Tras un breve silencio, durante el que Olympia se imagina a su madre
anhelando una vida distinta, aunque rechaza inmediatamente la
posibilidad, ella se contesta a sí misma.
—No, supongo que no —dice.
Todo el mundo parece comportarse de forma inusual ese día. Aunque
Olympia no está segura de si se trata de conductas fuera de lo común o de
si, al contrario, es el resultado del cambio que ha experimentado ella, que
sin duda debe de reflejarse en la actitud que muestran los demás hacia
ella. ¿Cómo si no podrían explicarse la desacostumbrada dificultad de su
padre a la hora de expresarse o las incursiones de su madre en unos temas
de conversación que normalmente evitaría a toda costa?
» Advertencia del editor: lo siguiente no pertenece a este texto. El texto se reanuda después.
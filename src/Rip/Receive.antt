-- ===== src/Rip/Receive.antt =====
-- ax25tools/tcpip/rip98r.c: what a message changes in the table, and what is asked of the kernel.
pub mod RoundTrip
use linuxax.Prelude.{
  ℕ, zero, suc, ◌+◌, ◌-◌, ◌*◌, ◌/◌, ◌%◌, ◌^◌, bit_and, Bool, true, false, not, ◌&&◌, ◌||◌, List, [],
  ◌∷◌, ◌++◌, Option, none, some, ◌==◌, ltb, leb, if◌then◌else◌, length, get_elem?,
}
use linuxax.Ipd.Frame.{◌>>=◌}
use linuxax.Rip.{
  ripcmd_response, rip_version_98, rip98_infinity, rip98_header, rip98_entry, Action, orig_route,
  fixed_route, new_route, del_route, Route, is_deleted, bits2mask, build_header, put_entry,
  get_entry,
}

-- `inet_netof`: the network number of an address of class A, B or C.
pub inet_netof : ℕ → ℕ
inet_netof addr =
    if ltb addr (2 ^ 31)
    then addr / 2 ^ 24
    else if ltb addr (3 * 2 ^ 30)
    then addr / 2 ^ 16
    else addr / 2 ^ 8

-- `UNMATCH_ROUTE`, `NO_ROUTE`, `REPLACE_ROUTE` and `ADDITIONAL_ROUTE`
pub data Comparison : Type 0 where
  unmatch_route no_route replace_route additional_route : Comparison

pub cmp_route : Route → (addr bits metric : ℕ) → Option Comparison
unfolding bits2mask
cmp_route route addr bits metric = do
  old_mask ← bits2mask route.bits
  new_mask ← bits2mask bits
  let mask = if ltb bits route.bits then new_mask else old_mask
  let closer =
      if leb route.metric metric
      then no_route
      else if leb route.bits bits
      then elim route.action [ orig_route ↦ replace_route | _ ↦ additional_route ]
      else additional_route
  let same_net = if bit_and route.addr mask == bit_and addr mask then closer else unmatch_route
  some (elim route.action [ del_route ↦ unmatch_route | new_route ↦ unmatch_route | _ ↦ same_net ])

-- The loop over the routes for one entry of a message: the routes as it leaves them, `found` and
-- `matched`.
pub scan_routes : (addr bits metric : ℕ) → List Route → Option (List Route × Bool × Bool)
unfolding cmp_route
scan_routes addr bits metric [] = some ([], false, false)
scan_routes addr bits metric (route ∷ rs) = do
  c ← cmp_route route addr bits metric
  (rs', found, matched) ← scan_routes addr bits metric rs
  some (elim c [
    | unmatch_route ↦ (route ∷ rs', found, matched)
    | no_route ↦ (route ∷ rs', found, true)
    | replace_route ↦ (record route { action = del_route } ∷ rs', true, true)
    | additional_route ↦ (route ∷ rs', true, true)
  ])

-- One entry of a message, its metric counted up: a new route is put at the head.
pub learn_route : (addr bits metric : ℕ) → List Route → Option (List Route)
unfolding scan_routes
learn_route addr bits metric rs = do
  (rs', found, matched) ← scan_routes addr bits metric rs
  let new : Route = record { addr = addr; bits = bits; metric = metric; action = new_route }
  some (if found || not matched then new ∷ rs' else rs')

pub is_rejected : Bool → ℕ → Bool
unfolding inet_netof
is_rejected route_restrict addr =
    let network = inet_netof addr in
    (network == 0) || (network == 127) || (route_restrict && not (network == 44))

-- An entry as the loop of `receive_routes` takes it.
pub take_entry : Bool → ℕ × ℕ × ℕ → List Route → Option (List Route)
unfolding is_rejected learn_route
take_entry route_restrict (addr, bits, metric) rs =
    if is_rejected route_restrict addr
    then some rs
    else learn_route addr bits
        (if ltb rip98_infinity (metric + 1) then rip98_infinity else metric + 1) rs

-- The loop over the message from `p` on; a round goes six bytes on.
pub receive_from : ℕ → Bool → List ℕ → ℕ → ℕ → List Route → Option (List Route)
unfolding get_entry take_entry
receive_from zero route_restrict message mess_len p rs = none
receive_from (suc fuel) route_restrict message mess_len p rs = elim (ltb p mess_len) [
  | false ↦ some rs
  | true ↦ get_entry message p >>= λ e. take_entry route_restrict e rs >>= λ rs'.
      receive_from fuel route_restrict message mess_len (p + rip98_entry) rs'
]

-- What is asked of the kernel. `none` for the mask is RTF_HOST.
pub data Request : Type 0 where
  del_rt : (dst : ℕ) → Request
  add_rt : (dst : ℕ) (genmask : Option ℕ) (metric gateway : ℕ) → Request

pub del_requests : List Route → List Request
unfolding is_deleted
del_requests [] = []
del_requests (r ∷ rs) =
    if is_deleted r.action then del_rt r.addr ∷ del_requests rs else del_requests rs

pub add_requests : ℕ → List Route → Option (List Request)
unfolding bits2mask
add_requests gateway [] = some []
add_requests gateway (r ∷ rs) = add_requests gateway rs >>= λ others. elim r.action [
  | new_route ↦
      if r.bits == 32
      then some (add_rt r.addr none (r.metric + 1) gateway ∷ others)
      else bits2mask r.bits >>= λ mask.
          some (add_rt r.addr (some mask) (r.metric + 1) gateway ∷ others)
  | _ ↦ some others
]

unfoldable pub is_dest : ℕ → List ℕ → Bool
is_dest rem_addr [] = false
is_dest rem_addr (dest ∷ dests) = (rem_addr == dest) || is_dest rem_addr dests

-- `message` is the buffer of 500 bytes after `recvfrom`, which has succeeded.
pub receive_routes :
    Bool
    → List ℕ
    → List ℕ
    → (mess_len rem_addr : ℕ) → List Route
    → Option (List Route × List Request)
unfolding receive_from del_requests add_requests is_dest
receive_routes route_restrict dests message mess_len rem_addr rs = do
  cmd ← get_elem? message 0
  vers ← get_elem? message 1
  let learnt = do
    rs' ← receive_from (suc mess_len) route_restrict message mess_len rip98_header rs
    added ← add_requests rem_addr rs'
    some (rs', del_requests rs' ++ added)
  if not (cmd == ripcmd_response) || not (vers == rip_version_98)
      then some (rs, [])
      else if not (is_dest rem_addr dests)
      then some (rs, [])
      else learnt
—Podrías bajar la fuente a la cocina. Me temo que Josiah está desbordado
de trabajo.
Las palabras de su madre no sorprenden a Olympia, que está
acostumbrada a que cambie súbitamente de tema cuando el anterior ya no es
de su agrado. Olympia se levanta de la chaise longue y se agacha para
recoger la fuente de plata. Siente un sincero aprecio por Josiah y se alegra de
poder ayudarlo. También se alegra de que su madre haya dado por
finalizada la conversación.
—Ya no eres una niña, Olympia. A partir de ahora, debes tener más
cuidado con lo que haces -dice su madre a modo de despedida.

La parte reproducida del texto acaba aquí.